13.3.8 R Under the CCR mark to market method, the CCR standardised method and the CCR internal model method, a firm must determine the exposure value for a given counterparty as equal to the sum of the exposure values calculated for each netting set with that counterparty.
[Note: BCD Annex III Part 2 point 5]
13.3.9 R A firm may only recognise netting for the purposes of BIPRU 13.4, BIPRU 13.5 and BIPRU 13.6 if the requirements in BIPRU 13.7 are met.
13.3.10 R The combined use of the CCR mark to market method, the CCR standardised method and the CCR internal model method is not permitted. The combined use of the CCR mark to market method and the CCR standardised method is permitted where one of the methods is used for the cases set out in BIPRU 13.5.9 to BIPRU 13.5.10R.
[Note: BCD Annex III Part 2 point 1(part)]
13.3.11 G The combined use of different approaches may be used across a group as described in BIPRU 8.7.8R and BIPRU 8.7.9R.
Exposure to a central counterparty
13.3.12 R Notwithstanding BIPRU 13.3.1R and BIPRU 13.3.5R, a firm may determine the exposure value of a credit risk exposure outstanding with a central counterparty in accordance with BIPRU 13.3.13R, provided that the central counterparty's counterparty credit risk exposures with all participants in its arrangements are fully collateralised on a daily basis.
[Note: BCD Article 78(4) in respect of financial derivatives and long settlement transactions]
13.3.13 R A firm may attribute an exposure value of zero for CCR to derivative contracts and long settlement transactions, or to other exposures arising in respect of those contracts or transactions (but excluding an exposure arising from collateral held to mitigate losses in the event of the default of other participants in the central counterparty's arrangements) where they are outstanding with a central counterparty and have not been rejected by the central counterparty.
[Note: BCD Annex III Part 2 point 6 in respect of financial derivatives and long settlement transactions]

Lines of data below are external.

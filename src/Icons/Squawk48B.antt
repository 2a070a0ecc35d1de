-- ===== src/Icons/Squawk48B.antt =====
-- `squawk48_png` of src/_icons.h, lines 1271 to 1376 of that file.
use upnp.Prelude.{ℕ, List, [], ◌∷◌, ◌++◌}
use upnp.Icons.Row.{row}

abbrev pub squawk48_png_b : List ℕ
squawk48_png_b =
    row 0xc4 0x8e 0x85 0xf6 0x39 0xb8 0x99 0x25 0x24 0x80 0x3f 0xe8
    ++ row 0x72 0x72 0xed 0xf6 0xfb 0x6e 0x00 0x32 0xf2 0xb1 0x78 0x3e
    ++ row 0x12 0x6b 0x72 0x39 0x8a 0x01 0x12 0x6a 0x03 0x9f 0x1b 0xd8
    ++ row 0xd2 0x05 0xd2 0x27 0x0e 0xe6 0x58 0x7e 0xcc 0xdb 0x3d 0xdd
    ++ row 0xde 0x9f 0x5a 0x23 0xe8 0xb4 0xc7 0x13 0x91 0x80 0x77 0xd1
    ++ row 0x6a 0xe5 0xac 0x47 0x9f 0x82 0xb3 0xe7 0xce 0x0e 0x4b 0xe0
    ++ row 0x5c 0xfd 0x6e 0xf0 0xbd 0xf3 0x0c 0x6a 0x11 0x0d 0x99 0x9e
    ++ row 0x03 0x3d 0x59 0xcb 0xc0 0x6a 0xb3 0x41 0x20 0xb8 0x91 0x85
    ++ row 0x63 0x01 0xb9 0x90 0x2b 0x91 0xcf 0x8b 0x07 0xb8 0xe0 0x5c
    ++ row 0xa2 0x05 0x7a 0x2f 0x81 0xe1 0xad 0x7c 0x69 0xd8 0x3d 0xcc
    ++ row 0x89 0x7c 0xeb 0x04 0x4e 0xc1 0x16 0x5f 0xea 0x74 0xe5 0x7a
    ++ row 0x7d 0xbc 0xb8 0x45 0xba 0x1f 0x59 0x07 0xb6 0xe4 0x8c 0xbe
    ++ row 0xc9 0xe4 0x69 0x2d 0x34 0xc5 0x7d 0x7d 0xe8 0x6f 0x30 0xf1
    ++ row 0x50 0xa9 0x68 0xb1 0x13 0xb3 0x56 0x41 0x64 0x72 0x3a 0x68
    ++ row 0x30 0x5f 0x0b 0xc1 0xcc 0x43 0xe3 0xf9 0xe0 0xa6 0x38 0x18
    ++ row 0x99 0xc1 0xac 0x44 0x41 0x4d 0x73 0x88 0xa9 0x13 0x49 0x12
    ++ row 0x21 0xe5 0xbf 0x4e 0x81 0x7e 0xeb 0x13 0xd2 0x10 0x5b 0xdf
    ++ row 0x17 0xbc 0xd7 0x3d 0xf3 0xdc 0x6b 0x0f 0xdb 0x9c 0x4d 0x35
    ++ row 0xd9 0x27 0x73 0x0a 0x7e 0x61 0x77 0x64 0xaa 0x06 0x02 0x2d
    ++ row 0x7f 0xd6 0xe0 0x9e 0xe1 0x7c 0xf7 0x71 0xc1 0xde 0x7b 0x16
    ++ row 0xba 0xe2 0xb3 0xf8 0xf3 0x8e 0x05 0x01 0x83 0xc5 0xa6 0x40
    ++ row 0xed 0xa9 0xa4 0x33 0x3d 0xf9 0x32 0x01 0x90 0x52 0xe6 0x40
    ++ row 0x79 0x7e 0x20 0x02 0x03 0x91 0xa1 0xd8 0x50 0x37 0xd7 0x01
    ++ row 0xfb 0xd7 0xf5 0xc0 0x2b 0xd5 0x81 0xf4 0xed 0x97 0x54 0x8c
    ++ row 0x0c 0x58 0x02 0x8d 0xc3 0x0f 0xdb 0xb6 0x6c 0xd9 0x72 0x3c
    ++ row 0x21 0x21 0xc1 0x31 0x14 0x01 0xf2 0xcb 0xb6 0xb6 0xb6 0xd3
    ++ row 0x38 0xf1 0x0a 0x7c 0x65 0xb1 0x5d 0x47 0x05 0x9f 0xa3 0x71
    ++ row 0x8e 0x24 0x6c 0x1f 0x4f 0x73 0xa2 0xf6 0xef 0x41 0xed 0x29
    ++ row 0x30 0x83 0x30 0x58 0x22 0x50 0x8b 0x0a 0x22 0x45 0x44 0xb8
    ++ row 0x01 0xdc 0x6c 0x30 0x0b 0x49 0xca 0xd0 0x1d 0xde 0x01 0xba
    ++ row 0x03 0xef 0x81 0x97 0x8d 0xec 0xce 0xac 0x3a 0x6b 0x95 0x13
    ++ row 0xa0 0x1d 0xc4 0x81 0x83 0x3f 0xaf 0xaa 0xaa 0xfa 0x02 0x09
    ++ row 0x4c 0x1c 0x8c 0x40 0x4f 0x4f 0x0f 0x5c 0xbc 0x78 0x11 0xa2
    ++ row 0xa3 0xa3 0xb9 0xa6 0xa6 0xa6 0xd4 0xb5 0x6b 0xd7 0xb6 0xc2
    ++ row 0x10 0x52 0x51 0x51 0x61 0xc7 0xef 0xa6 0xe0 0xdc 0x33 0x90
    ++ row 0x4b 0x0e 0x3e 0x4f 0x34 0x99 0x4c 0x4a 0xbc 0x81 0x19 0xa4
    ++ row 0x3b 0xef 0x60 0x56 0xe9 0xb3 0x36 0x82 0x17 0xf7 0x89 0xda
    ++ row 0x72 0xd0 0x1d 0xaf 0x06 0x97 0xc1 0x7e 0x2c 0xeb 0xfd 0x2f
    ++ row 0x33 0xfa 0x8d 0xc2 0x49 0x52 0xb0 0x6a 0x43 0x02 0x8d 0x48
    ++ row 0x60 0x52 0x28 0x01 0xca 0xc7 0x5d 0x5d 0x5d 0x62 0x60 0xc5
    ++ row 0xc6 0xc6 0x42 0xd2 0xb6 0x9f 0x88 0xed 0x69 0x1f 0x74 0x86
    ++ row 0x75 0xaf 0x28 0x2f 0x2f 0x37 0x63 0xb5 0x08 0xdd 0xec 0x67
    ++ row 0x68 0xa1 0x14 0xba 0x4a 0xe2 0x5d 0x58 0x27 0x65 0x1d 0x3e
    ++ row 0xe4 0x20 0x49 0xed 0xe4 0x3e 0x24 0x96 0x0f 0x9f 0x07 0x75
    ++ row 0xc7 0x67 0x44 0x60 0x3b 0x12 0x58 0x1a 0x4a 0x80 0x4e 0xa4
    ++ row 0x46 0x24 0x50 0x1d 0x1f 0x1f 0x9f 0x46 0x6d 0x74 0x90 0x72
    ++ row 0x3a 0x9d 0x62 0xa1 0x63 0x2d 0x05 0x12 0xf6 0x89 0x19 0x21
    ++ row 0x7a 0xeb 0x23 0x20 0xe8 0x4c 0xf0 0xbe 0x36 0x2f 0x09 0xad
    ++ row 0xd0 0x16 0x0e 0x09 0x49 0xca 0xca 0xca 0xec 0xa8 0xd9 0xc7
    ++ row 0x70 0xed 0x9f 0x13 0x09 0x9b 0xcd 0xa6 0x25 0xc0 0xb4 0xae
    ++ row 0x44 0x84 0x34 0x4f 0x31 0xc5 0xf0 0x1c 0x44 0xfd 0xee 0x61
    ++ row 0x60 0x38 0x0f 0xf8 0xb4 0xa6 0xc7 0xa7 0xfc 0xbe 0xa3 0xe4
    ++ row 0x3a 0xcd 0xe1 0x44 0x11 0x95 0x95 0x95 0xfb 0xd0 0xb4 0x99
    ++ row 0xc1 0x77 0x1e 0x81 0x2b 0x22 0x22 0x22 0x20 0x2a 0x2a 0x0a
    ++ row 0xa8 0x96 0x2e 0xde 0x96 0x2d 0x3f 0xc4 0x49 0x03 0x90 0x54
    ++ row 0xdc 0xfc 0x3f 0x5f 0x4d 0x4b 0x4b 0x4b 0x2d 0xe8 0x5e 0xcf
    ++ row 0xe1 0x7a 0x2b 0xac 0x56 0xab 0x1e 0x8b 0x5a 0x72 0x2d 0x11
    ++ row 0x3c 0xdd 0x97 0xcf 0x1f 0x07 0xdb 0x47 0xab 0xe1 0xea 0xee
    ++ row 0x23 0x8c 0x4b 0xfb 0xa3 0xf3 0xdc 0xb0 0x0b 0x6f 0xdc 0xb8
    ++ row 0xf1 0xcf 0x19 0x19 0x19 0xb9 0x68 0x42 0x95 0x64 0x4e 0x12
    ++ row 0x22 0xd3 0xbe 0xf7 0x3d 0xb0 0x7e 0xfc 0x46 0xd8 0x2e 0x34
    ++ row 0x94 0x14 0x17 0x17 0x5b 0x51 0xe3 0xbf 0x45 0x05 0x2e 0x8e
    ++ row 0x8b 0x8b 0xb3 0xc8 0x7f 0xad 0x98 0x8e 0x6c 0x07 0x53 0xd3
    ++ row 0x4e 0xd2 0xfe 0x05 0xd4 0x7e 0x0c 0xc0 0x08 0x7e 0x6c 0xad
    ++ row 0x59 0xb3 0xc6 0x9e 0x9a 0x9a 0xda 0x9c 0x94 0x94 0x64 0x96
    ++ row 0xda 0x88 0x04 0x9a 0x9a 0x4c 0xec 0xdf 0xb6 0x6d 0xdb 0x72
    ++ row 0x1c 0xf3 0x87 0x9b 0x45 0x40 0x92 0x4d 0x9b 0x36 0x3d 0x88
    ++ row 0x16 0xd9 0x8c 0x8a 0x32 0xa3 0xd5 0xc5 0x23 0x6a 0xcc 0xae
    ++ row 0xe7 0x40 0xd3 0xd5 0x0a 0x1e 0xfd 0x98 0x77 0xa6 0x6e 0x3e
    ++ row 0xf3 0xe8 0x88 0x08 0x90 0x14 0x15 0x15 0xad 0xca 0xce 0xce
    ++ row 0xfe 0x15 0x6a 0xc5 0x20 0x59 0x80 0x34 0x63 0xb7 0xdb 0x29
    ++ row 0xa8 0x7d 0x0d 0x0d 0x0d 0x9b 0x3b 0x3b 0x3b 0x57 0x61 0x1c
    ++ row 0x5c 0xb8 0xc9 0x24 0xe8 0x4f 0x5d 0x0d 0xba 0x53 0x4a 0xb4
    ++ row 0xbb 0x43 0x1d 0x53 0xfd 0x22 0x08 0x8c 0x82 0x67 0x04 0x3e
    ++ row 0x15 0xdd 0xe7 0xcb 0x11 0x13 0x40 0x0d 0x6b 0x31 0x2b 0x9d
    ++ row 0x71 0x38 0x1c 0xb1 0x92 0x05 0x48 0x28 0xb8 0xcc 0x66 0x33
    ++ row 0x9d 0x12 0x85 0x8e 0x8e 0x0e 0xef 0xd1 0xa3 0x47 0x3f 0x3c
    ++ row 0x7f 0xfe 0xfc 0xb3 0x48 0xe4 0xab 0x9b 0x48 0xc2 0x82 0x89
    ++ row 0xf6 0xf0 0xd4 0x23 0xe5 0x89 0x6c 0x6f 0xa7 0xd2 0xcd 0x5a
    ++ row 0x0b 0xa6 0x55 0xb5 0xad 0x95 0xfa 0x47 0xec 0xbb 0x05 0x05
    ++ row 0x05 0x0b 0x67 0xce 0x9c 0xf9 0x2e 0xfd 0xd3 0xe9 0xfb 0x58
    ++ row 0x46 0x84 0x82 0x9b 0xca 0xc9 0x93 0x27 0x7b 0xd1 0x22 0x29
    ++ row 0x48 0xe2 0xeb 0x9b 0x48 0x42 0xa5 0x73 0x5f 0xca 0x4d 0xec
    ++ row 0x68 0x38 0x93 0x5b 0xba 0xf7 0x84 0xbc 0x2f 0xac 0xe0 0x2b
    ++ row 0x29 0x29 0xf9 0x34 0x33 0x33 0x73 0x8a 0xfc 0x3b 0xf9 0x86
    ++ row 0x83 0x9b 0x13 0x9d 0x59 0x7c 0x18 0x17 0x39 0x48 0x20 0xfc
    ++ row 0x2b 0xdd 0x0d 0x48 0x58 0x04 0xd0 0x95 0x26 0x63 0x46 0xda
    ++ row 0x8f 0xbe 0x6f 0xbe 0x6e 0x22 0x24 0x82 0x79 0x9c 0xab 0xab
    ++ row 0xab 0xdb 0xbd 0x72 0xe5 0xca 0xf9 0xb7 0x02 0x7c 0xd8 0x04
    ++ row 0x48 0x36 0x6c 0xd8 0xb0 0x79 0xfa 0xf4 0xe9 0x0f 0x21 0x60
    ++ row 0x8d 0xfc 0x10 0x86 0x41 0xed 0xc6 0x63 0xc5 0xbe 0xf6 0xf6
    ++ row 0xf6 0xc5 0xa8 0xfd 0xe1 0xef 0x9f 0xa3 0x45 0x00 0xad 0x10
    ++ row 0x95 0x9c 0x9c 0x7c 0x1a 0xd3 0xaa 0x85 0xde 0x29 0x1b 0xe1
    ++ row 0x11 0xc3 0x75 0xf8 0x48 0xe3 0xc6 0xa7 0x9f 0x7c 0x6a 0xd5
    ++ row 0xad 0x02 0x7e 0xc3 0x04 0x48 0x0a 0x0b 0x0b 0x9f 0x9d 0x31
    ++ row 0x63 0xc6 0xf3 0xb8 0xb9 0x29 0x5a 0x5b 0x5b 0x2f 0xd4 0xff
    ++ row 0xe3 0x60 0xc1 0x1b 0x65 0xe5 0x7b 0xb1 0x8b 0x93 0x95 0x80
    ++ row 0xac 0xe6 0x65 0x65 0xd4 0x08 0x90 0xc6 0x69 0x37 0xb6 0x2c
    ++ row 0x7a 0x68 0xc9 0xb4 0xdc 0x9c 0xd9 0x85 0x78 0x3e 0xda 0x51
    ++ row 0x5e 0x51 0x51 0x7b 0xa6 0xa5 0xa5 0x33 0x08 0x8e 0x7e 0xf4
    ++ row 0x76 0xcb 0xc0 0xf3 0xc1 0x67 0xa9 0x0c 0x75 0xd1 0xa6 0xcd
    ++ row 0x4a 0x08 0x97 0x64 0x38 0x04 0xb4 0x41 0x02 0xb4 0x90 0x72
    ++ row 0xce 0xfc 0x79 0xd6 0xdd 0xbb 0x3e 0xba 0x32 0x80 0x86 0x43
    ++ row 0x8b 0x10 0x52 0x0f 0x85 0x25 0x9c 0xdf 0xb1 0xa2 0xfc 0x17
    ++ row 0x10 0x5f 0x6d 0x92 0xfa 0xb6 0x5a 0xb2 0x00 0x00 0x00 0x00
    ++ 0x49 ∷ 0x45 ∷ 0x4e ∷ 0x44 ∷ 0xae ∷ 0x42 ∷ 0x60 ∷ 0x82 ∷ []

13.3.14 R When a firm purchases credit derivative protection against a non-trading book exposure, or against a CCR exposure, it must compute its capital requirement for the hedged asset in accordance with:
(1) BIPRU5.7.16R to BIPRU 5.7.25R and BIPRU 4.10.49(4) to (6) (Unfunded credit protection: Valuation and calculation of risk-weighted exposure amounts and expected loss amounts);
(2) BIPRU 4.4.79R (Double default); or
(3) BIPRU 4.10.40R to BIPRU 4.10.48R (Unfunded credit protection: Minimum requirements for assessing the effect of guarantees and credit derivatives).
[Note: BCD Annex III Part 2 point 3 (part)]
13.3.15 R In the cases in BIPRU 13.3.14R, a firm must set the exposure value for CCR for these credit derivatives to zero.
[Note: BCD Annex III Part 2 point 3 (part)]
13.3.16 R A firm must set the exposure value for CCR from sold credit default swaps in the non-trading book, where they are treated as credit protection provided by the firm and subject to a capital requirement for credit risk for the full notional amount, to zero.